Think it is gone the post is deleted by author.


----------



## vincev (Oct 4, 2016)

ok,he sent me his phone number today but could not drive out there today.


----------



## 37fleetwood (Oct 5, 2016)

vincev said:


> Why is this still for sale???? Incorrect parts? Did it come with a 3 speed? I know the headlight is incorrect.I would have thought it would be long gone.



that's a Bendix 2 speed in the catalog page.
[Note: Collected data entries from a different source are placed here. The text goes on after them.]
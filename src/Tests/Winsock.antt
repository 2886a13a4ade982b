-- ===== src/Tests/Winsock.antt =====
-- The connection that answers at once, with the calls of Windows.
use libtta.Base.{ℕ, ap, List, length, min, length-take, arith}
use libtta.Syscall.{Syscall, done}
use libtta.Core.Sound.{IsSound}
use libtta.Tcp.Win32.{Winsock, link}
use libtta.Tcp.Win32.Sound.{WinsockLaws, win32_tcp_link-IsSound}
use libtta.Tests.Fixture.{calm_system}
use libtta.Tests.Net.{content, net-IsQuiet}
use libtta.Tests.Exchange.{echo, echo-SocketLaws}

abbrev winsock : Winsock (List ℕ)
winsock = record { wsa_startup = λ w. (0, w); sockets = echo }

abbrev count : Syscall → ℕ
count (done n) = n
count (Syscall.failed e) = 0

winsock-WinsockLaws : WinsockLaws winsock 1
winsock-WinsockLaws = record {
  quiet = net-IsQuiet;
  recv_fits = echo-SocketLaws.recv_fits;
  one_ready = λ s n w e. omega (arith, ap count e);
  garbage = λ w. 0;
  garbage-lt = λ w. omega arith;
  polled = λ s w. omega arith;
  garbage_falls = λ s bs w w' e full.
      absurd (omega (arith, length-take (min 260 4) w, ap (λ p. length (content p.0)) e));
}

win32_tcp_link-IsSound_example : IsSound (link winsock calm_system 1) 260
win32_tcp_link-IsSound_example =
    win32_tcp_link-IsSound winsock 1 winsock-WinsockLaws calm_system 260 (omega arith)
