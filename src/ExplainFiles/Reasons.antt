-- ===== src/ExplainFiles/Reasons.antt =====
-- ts/tools/explainfiles/explainfiles.go: why a file is in the program. What a pattern matches is
-- Go's: `find` gives the first two groups of a match, empty where there is none.
use rules_typescript.Base.{
  Bool, true, false, not, ◌&&◌, ◌||◌, Option, none, some, List, [], ◌∷◌, ◌++◌, ◌==◌, if◌then◌else◌,
  any, all,
}
use rules_typescript.Base.Int.{ℤ, pos, add_one, sub_one, is_nonnegative, is_zero}
use rules_typescript.Base.Text.{Text, codes, has_prefix, has_suffix, contains}
use rules_typescript.ExplainFiles.{
  EdgeKind, import, reference, type_reference, augmentation, module_specifier, Listing,
}

-- `malformed` is an error, `panics` a slice out of range.
pub data Parsed {ℓ} (A : Type ℓ) : Type ℓ where
  ok : A → Parsed A
  malformed panics : Parsed A

-- `requiredLiterals` at a byte; of `start` only whether it is 0 is read.
pub record Literals : Type 0 where
  pub run : Text
  pub depth : ℤ
  pub at_start : Bool
  pub prefix : Text
  pub suffix : Text
  pub literals : List Text

abbrev pub is_none : Text → Bool
is_none [] = true
is_none (c ∷ s) = false

abbrev pub drop_end : Text → Text
drop_end [] = []
drop_end (c ∷ []) = []
drop_end (c ∷ d ∷ s) = c ∷ drop_end (d ∷ s)

abbrev flush : Bool → Literals → Literals
flush at_end s = if is_none s.run then s else record s {
  run = [];
  prefix = if s.at_start then s.run else s.prefix;
  suffix = if at_end then s.run else s.suffix;
  literals = s.literals ++ s.run ∷ [];
}

abbrev away : Literals → Literals
away s = record s { at_start = false }

abbrev no_literals : Literals
no_literals = record {
  run = [];
  depth = pos 0;
  at_start = true;
  prefix = [];
  suffix = [];
  literals = [];
}

unfoldable pub literals_loop : Text → Literals → Literals
literals_loop [] s = flush true s
literals_loop (ch ∷ pattern) s =
    if ch == b'|' && not (is_nonnegative s.depth && not (is_zero s.depth))
    then no_literals
    else literals_loop pattern (
        if ch == b'('
        then (let f = flush false s in record f { depth = add_one f.depth })
        else if ch == b')'
        then away (record s { depth = sub_one s.depth })
        else if is_nonnegative s.depth && not (is_zero s.depth)
        then s
        else if ch == b'*' || ch == b'?' || ch == b'+'
        then away (flush false (record s { run = drop_end s.run }))
        else if ch == b'.' || ch == b'^' || ch == b'$'
        then away (flush false s)
        else record s { run = s.run ++ ch ∷ [] })

unfoldable pub required_literals : Text → Literals
unfolding literals_loop
required_literals pattern =
    if any (λ c. c == b'\\' || c == b'[' || c == b']' || c == b'{' || c == b'}') pattern
    then no_literals
    else literals_loop pattern no_literals

-- What a form says of its file.
pub data Reading : Type 0 where
  as_edge : EdgeKind → Reading
  as_type_entry as_implicit as_root as_nothing : Reading

pub record ReasonForm : Type 0 where
  pub pattern : Text
  pub reading : Reading
  pub required : Literals

unfoldable pub form : Text → Reading → ReasonForm
unfolding required_literals
form pattern reading = record {
  pattern = pattern;
  reading = reading;
  required = required_literals pattern;
}

unfoldable pub admits : ReasonForm → Text → Bool
unfolding has_prefix has_suffix contains
admits f reason =
    has_prefix reason f.required.prefix
    && has_suffix reason f.required.suffix
    && all (contains reason) f.required.literals

abbrev quoted : Text
quoted = codes "'(.*?)'"

abbrev from_file : Text
from_file = codes " from file " ++ quoted

abbrev specifier : Text
specifier = codes "(\".*?\"|'.*?')"

abbrev package_id : Text
package_id = codes " with packageId '.*?'"

abbrev imported : Text → ReasonForm
imported after =
    form (codes "Imported via " ++ (specifier ++ (from_file ++ after))) (as_edge import)

abbrev jsx : Text
jsx = codes " to import 'jsx' and 'jsxs' factory functions"

abbrev helpers : Text
helpers = codes " to import 'importHelpers' as specified in compilerOptions"

unfoldable pub reason_forms : List ReasonForm
unfolding form
reason_forms =
    imported (package_id ++ jsx)
    ∷ imported (package_id ++ helpers)
    ∷ imported package_id
    ∷ imported jsx
    ∷ imported helpers
    ∷ imported []
    ∷ form (codes "Augmented via " ++ (specifier ++ (from_file ++ package_id)))
        (as_edge augmentation)
    ∷ form (codes "Augmented via " ++ (specifier ++ from_file)) (as_edge augmentation)
    ∷ form (codes "Referenced via " ++ (quoted ++ from_file)) (as_edge reference)
    ∷ form (codes "Type library referenced via " ++ (quoted ++ (from_file ++ package_id)))
        (as_edge type_reference)
    ∷ form (codes "Type library referenced via " ++ (quoted ++ from_file)) (as_edge type_reference)
    ∷ form
        (codes "Entry point of type library "
          ++ (quoted ++ (codes " specified in compilerOptions" ++ package_id)))
        as_type_entry
    ∷ form
        (codes "Entry point of type library " ++ (quoted ++ codes " specified in compilerOptions"))
        as_type_entry
    ∷ form (codes "Entry point for implicit type library " ++ (quoted ++ package_id)) as_implicit
    ∷ form (codes "Entry point for implicit type library " ++ quoted) as_implicit
    ∷ form (codes "Matched by include pattern " ++ (quoted ++ (codes " in " ++ quoted))) as_root
    ∷ form (codes "Matched by default include pattern " ++ quoted) as_root
    ∷ form (codes "Part of 'files' list in tsconfig.json") as_root
    ∷ form (codes "Root file specified for compilation") as_root
    ∷ form (codes "Library referenced via " ++ (quoted ++ from_file)) as_nothing
    ∷ form (codes "Library " ++ (quoted ++ codes " specified in compilerOptions")) as_nothing
    ∷ form (codes "Default library for target " ++ quoted) as_nothing
    ∷ form (codes "Default library") as_nothing
    ∷ form
        (codes "File is ECMAScript module because "
          ++ (quoted ++ codes " has field \"type\" with value \"module\""))
        as_nothing
    ∷ form
        (codes "File is CommonJS module because "
          ++ (quoted ++ codes " has field \"type\" whose value is not \"module\""))
        as_nothing
    ∷ form
        (codes "File is CommonJS module because "
          ++ (quoted ++ codes " does not have field \"type\""))
        as_nothing
    ∷ form (codes "File is CommonJS module because 'package.json' was not found") as_nothing
    ∷ form (codes "File redirects to file " ++ quoted) as_nothing
    ∷ []

abbrev pub add_edge : EdgeKind → Text → Text → Text → Listing → Listing
add_edge kind file spec from l = record l {
  edges = l.edges ++ (record { kind = kind; from = from; to = file; specifier = spec }) ∷ [];
}

-- A module specifier is written with its quotes, which are sliced off.
abbrev pub read_edge : Bool → EdgeKind → Text → Text → Text → Listing → Parsed Listing
read_edge false kind file spec from l = ok (add_edge kind file spec from l)
read_edge true kind file (q ∷ c ∷ spec) from l =
    ok (add_edge kind file (drop_end (c ∷ spec)) from l)
read_edge true kind file (q ∷ []) from l = panics
read_edge true kind file [] from l = panics

unfoldable pub read_form : Reading → Text → Text × Text → Listing → Parsed Listing
unfolding module_specifier
read_form (as_edge kind) file (spec, from) l =
    read_edge (module_specifier kind) kind file spec from l
read_form as_type_entry file (entry, other) l =
    ok (record l { types = l.types ++ (record { entry = entry; file = file }) ∷ [] })
read_form as_implicit file (entry, other) l =
    ok (record l { implicit = l.implicit ++ (record { entry = entry; file = file }) ∷ [] })
read_form as_root file found l = ok (record l { roots = l.roots ++ file ∷ [] })
read_form as_nothing file found l = ok l

module _ (find : Text → Text → Option (Text × Text)) where
  abbrev pub read_found :
      Reading → Text → Listing → Parsed Listing → Option (Text × Text) → Parsed Listing
  read_found reading file l rest none = rest
  read_found reading file l rest (some found) = read_form reading file found l

  -- `readReason` over the forms that are left.
  unfoldable pub read_reason : List ReasonForm → Text → Text → Listing → Parsed Listing
  unfolding admits read_form
  read_reason [] file reason l = malformed
  read_reason (f ∷ forms) file reason l =
      let rest = read_reason forms file reason l in
      if not (admits f reason)
      then rest
      else read_found f.reading file l rest (find f.pattern reason)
I just posted it because it's close, I have no idea what year or model this bike is. and yeah, try finding that ball light in metallic green! :eek:


----------



## 37fleetwood (Oct 5, 2016)

Ok, so I just got word, the bike is not, I repeat, IS NOT, going to Virginia.
more news as it breaks...


----------



## Handle Bar Hoarder (Oct 5, 2016)

ok who got it I know some one hear got the green huffy and it,s comeing  to California from what I hear ?


----------



## 37fleetwood (Oct 5, 2016)

HANDLE BAR HORDER said:


> ok who got it I know some one hear got the green huffy and it,s comeing  to California from what I hear ?



from what I hear, a guy in Michigan picked it up today. from there, who knows, the weather is nicer out here...


----------



## Handle Bar Hoarder (Oct 5, 2016)

37fleetwood said:


> from what I hear, a guy in Michigan picked it up today. from there, who knows, the weather is nicer out here...



ya it  gone to who know,s where maybe next time that was a very cool bike  I would have given more than $500 for it


----------



## 37fleetwood (Oct 5, 2016)

from the 57 catalog...


----------